§ **DIRECTIONS**
From the records below, copy each line in which the string "invalid" occurs.

(Records from a collection)
BEGIN
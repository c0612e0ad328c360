-- ===== src/Fullpath/Stack.antt =====
-- `_fullpath` works on a stack of components.
use libi.Base.{
  ℕ, ◌+◌, ◌≡◌, refl, sym, ap, ◌∙◌, Bool, true, false, Option, none, some, List, [], ◌∷◌, ◌++◌,
  arith, append_assoc,
}
use libi.Base.{
  length, take, ltb, ◌==◌, if◌then◌else◌, if_holds, Bool-cases, take_prefix, take_all,
  length-append, inl, inr, ltb_of_le,
}
use libi.Fullpath.{
  Result, ok, err, ◌>>=◌, invalid, too_long, Fcb, Buffer, copy_chrs, field_len, go_up, copy_name,
}

-- The text up to the root, and the components behind it, the last one first, each with its
-- separator.
pub record Place : Type 0 where
  pub top : List ℕ
  pub segs : List (List ℕ)

abbrev pub text_of : List ℕ → List (List ℕ) → List ℕ
text_of top [] = top
text_of top (seg ∷ segs) = text_of top segs ++ seg

abbrev pub starts_of : List ℕ → List (List ℕ) → List ℕ
starts_of top [] = length top ∷ []
starts_of top (seg ∷ segs) = length (text_of top segs ++ seg) ∷ starts_of top segs

-- The buffer for a place.
abbrev pub buffer_of : Place → Buffer
buffer_of v = record { text = text_of v.top v.segs; starts = starts_of v.top v.segs }

-- A text with another behind it, where this leaves room for the NUL.
abbrev pub fit : ℕ → List ℕ → List ℕ → Result (List ℕ)
fit size text chrs =
    if ltb (length text + length chrs) size then ok (text ++ chrs) else err too_long

-- One component more, up to its separator.
abbrev pub enter : ℕ → List ℕ → Place → Result Place
enter size seg v =
    fit size (text_of v.top v.segs) seg >>= λ _. ok (record v { segs = seg ∷ v.segs })

-- The parent; behind the root the text gets a ".." that stays.
abbrev pub leave : ℕ → List ℕ → List (List ℕ) → Result Place
leave size top [] =
    fit size top (b'.' ∷ b'.' ∷ 0x5c ∷ []) >>= λ top'. ok (record { top = top'; segs = [] })
leave size top (seg ∷ segs) = ok (record { top = top; segs = segs })

pub >>=_assoc :
    {A B C : Type 0} (m : Result A) (f : A → Result B) (g : B → Result C)
    → (m >>= λ a. f a >>= g) ≡ ((m >>= f) >>= g)
>>=_assoc (ok a) f g = refl
>>=_assoc (err e) f g = refl

copy_chrs-fit : (size : ℕ) (chrs text : List ℕ) → copy_chrs size chrs text ≡ fit size text chrs
unfolding copy_chrs
copy_chrs-fit size chrs text = ground arith

-- The segment for a field of a file control block.
abbrev pub seg_of : Fcb → Option (List ℕ)
seg_of fcb =
    let name_len = field_len none 0 0 fcb.name in
    let ext_len = field_len none 0 0 fcb.ext in
    if name_len == 0
    then none
    else some (
        take name_len fcb.name
        ++ ((if ext_len == 0 then [] else b'.' ∷ take ext_len fcb.ext) ++ (0x5c ∷ [])))

abbrev pub enter_text : ℕ → List ℕ → Option (List ℕ) → Result (List ℕ)
enter_text size text none = err invalid
enter_text size text (some seg) = fit size text seg

-- Where copies in turn stand for one.
fit-fit :
    (size : ℕ) (text a b : List ℕ)
    → (fit size text a >>= λ t. fit size t b) ≡ fit size text (a ++ b)
fit-fit size text a b =
    if_holds (λ r. (r >>= λ t. fit size t b) ≡ fit size text (a ++ b))
      (ltb (length text + length a) size) (ok (text ++ a)) (err too_long)
      (λ e.
        ap (λ n. if ltb n size then ok ((text ++ a) ++ b) else err too_long)
          (omega (arith, length-append text a, length-append a b))
        ∙ ap (λ t. if ltb (length text + length (a ++ b)) size then ok t else err too_long)
            (append_assoc text a b))
      (λ e. sym (
        ap (λ c. if c then ok (text ++ (a ++ b)) else err too_long)
          (ltb_of_le (length text + length (a ++ b)) size (ground (arith, e, length-append a b)))))

copy_chrs-eq-fit : copy_chrs ≡ λ size chrs text. fit size text chrs
copy_chrs-eq-fit i size chrs text = copy_chrs-fit size chrs text i

copies-fit :
    (size : ℕ) (text name ext : List ℕ) (bare : Bool)
    → (copy_chrs size name text >>= λ text1.
        (if bare
          then ok text1
          else (copy_chrs size (b'.' ∷ []) text1 >>= λ t. copy_chrs size ext t))
        >>= λ text2. copy_chrs size (0x5c ∷ []) text2)
      ≡ fit size text (name ++ ((if bare then [] else b'.' ∷ ext) ++ (0x5c ∷ [])))
copies-fit size text name ext true =
    ap
      (λ (cp : ℕ → List ℕ → List ℕ → Result (List ℕ)).
        cp size name text >>= λ t. cp size (0x5c ∷ []) t)
      copy_chrs-eq-fit
    ∙ fit-fit size text name (0x5c ∷ [])
copies-fit size text name ext false =
    ap
      (λ (cp : ℕ → List ℕ → List ℕ → Result (List ℕ)). cp size name text >>= λ t.
        (cp size (b'.' ∷ []) t >>= λ d. cp size ext d) >>= λ u. cp size (0x5c ∷ []) u)
      copy_chrs-eq-fit
    ∙ ((λ i. fit size text name >>= λ t.
          fit-fit size t (b'.' ∷ []) ext i >>= λ u. fit size u (0x5c ∷ []))
        ∙ ((λ i. fit size text name >>= λ t. fit-fit size t (b'.' ∷ ext) (0x5c ∷ []) i)
            ∙ fit-fit size text name ((b'.' ∷ ext) ++ (0x5c ∷ []))))

pub copy_name-fit :
    (size : ℕ) (fcb : Fcb) (text : List ℕ)
    → copy_name none size fcb text ≡ enter_text size text (seg_of fcb)
unfolding copy_name
copy_name-fit size fcb text =
    let name = take (field_len none 0 0 fcb.name) fcb.name in
    let ext = take (field_len none 0 0 fcb.ext) fcb.ext in
    elim (Bool-cases (field_len none 0 0 fcb.name == 0)) [
      | inl e ↦ rw e refl
      | inr e ↦ rw e (copies-fit size text name ext (field_len none 0 0 fcb.ext == 0))
    ]

take-text : (text seg : List ℕ) → take (length text) (text ++ seg) ≡ text
take-text text seg = take_prefix (length text) text seg refl

pub go_up-leave :
    (size : ℕ) (top : List ℕ) (segs : List (List ℕ))
    → go_up size (starts_of top segs) (text_of top segs)
      ≡ (leave size top segs >>= λ v. ok (buffer_of v))
unfolding go_up
go_up-leave size top [] =
    ap
      (λ t. copy_chrs size (b'.' ∷ b'.' ∷ 0x5c ∷ []) t >>= λ text'.
        ok (record { text = text'; starts = length text' ∷ [] }))
      (take_all (length top) top (omega arith))
    ∙ (ap (λ r. r >>= λ text'. ok (record { text = text'; starts = length text' ∷ [] }))
          (copy_chrs-fit size (b'.' ∷ b'.' ∷ 0x5c ∷ []) top)
        ∙ >>=_assoc (fit size top (b'.' ∷ b'.' ∷ 0x5c ∷ [])) _ _)
go_up-leave size top (seg ∷ []) =
    ap (λ t. ok (record { text = t; starts = length top ∷ [] })) (take-text top seg)
go_up-leave size top (seg ∷ s ∷ segs) =
    ap (λ t. ok (record { text = t; starts = starts_of top (s ∷ segs) }))
      (take-text (text_of top segs ++ s) seg)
END
§ **TASK SOLUTION**
  Result, ok, err, ◌>>=◌, invalid, too_long, Fcb, Buffer, copy_chrs, field_len, go_up, copy_name,
enter_text size text none = err invalid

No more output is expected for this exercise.